Records shown:
::::::::
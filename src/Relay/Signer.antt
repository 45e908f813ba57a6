-- ===== src/Relay/Signer.antt =====
-- attestor/chainService/relay/signer/sign.go: the client of the signing service.
use verulink.Base.{
  ℕ, ◌||◌, Bytes, codes, Result, ok, err, message, or_err, ltb, lookup, if◌then◌else◌, ◌>>=◌, none,
  some, List, [], ◌++◌,
}
use verulink.Chain.{ScreenedPacket}
use verulink.Chain.BigInt.{itoa}
use verulink.Relay.Web.{Web, expect_status, status_ok, unexpected_status}

pub record SigningServiceConfig : Type 0 where
  pub host : Bytes
  pub port : ℕ
  pub endpoint : Bytes
  pub scheme : Bytes
  pub username : Bytes
  pub password : Bytes
  pub health_endpoint : Bytes

abbrev pub post : Bytes
post = codes "POST"

abbrev pub method_get : Bytes
method_get = codes "GET"

-- Where both fields are missing the error names the second.
unfoldable pub signed_fields : List (Bytes × Bytes) → Result (Bytes × Bytes)
signed_fields m = elim (lookup (codes "signature") m) [
  | none ↦ err (message (codes "missing signature field"))
  | some signature ↦ (do
    hash ← or_err (lookup (codes "hash") m) (message (codes "missing hash field"))
    ok (hash, signature))
]

module _ (web : Web) where
  open web use {send, build_url, unmarshal_strings}

  -- The screened packet is sent as the JSON text that the second argument makes.
  unfoldable pub hash_and_sign_screened_packet :
      Bytes → (ScreenedPacket → Result Bytes) → ScreenedPacket → Result (Bytes × Bytes)
  unfolding signed_fields
  hash_and_sign_screened_packet url marshal sp = do
    text ← marshal sp
    resp ← send (record { method = post; url = url; body = text })
    accepted ← expect_status status_ok resp
    body ← accepted.body
    m ← unmarshal_strings body
    signed_fields m

  unfoldable pub host_port : SigningServiceConfig → Bytes
  host_port cfg = cfg.host ++ (codes ":" ++ itoa cfg.port)

  unfoldable pub check_signing_service_health : SigningServiceConfig → Result (Unit {0})
  unfolding host_port
  check_signing_service_health cfg = do
    resp ← send (record {
      method = method_get;
      url = build_url cfg.scheme none (host_port cfg) cfg.health_endpoint;
      body = [];
    })
    accepted ← expect_status status_ok resp
    ok tt

  -- Without a body the service answers with a status from 400 to 499.
  unfoldable pub dial : Bytes → Result (Unit {0})
  dial u = do
    resp ← send (record { method = post; url = u; body = [] })
    if ltb resp.status_code 400 || ltb 499 resp.status_code then err unexpected_status else ok tt

  -- The url of the service, once it has answered.
  unfoldable pub setup_signer : SigningServiceConfig → Result Bytes
  unfolding dial host_port
  setup_signer cfg =
      let u =
        build_url cfg.scheme (some (cfg.username, cfg.password)) (host_port cfg) cfg.endpoint in
      (do reached ← dial u; ok u)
::::::::
What to work on:
Filter the data down to the lines that contain the string "verulink", and copy them.

Result of this task:
use verulink.Base.{
use verulink.Chain.{ScreenedPacket}
use verulink.Chain.BigInt.{itoa}
use verulink.Relay.Web.{Web, expect_status, status_ok, unexpected_status}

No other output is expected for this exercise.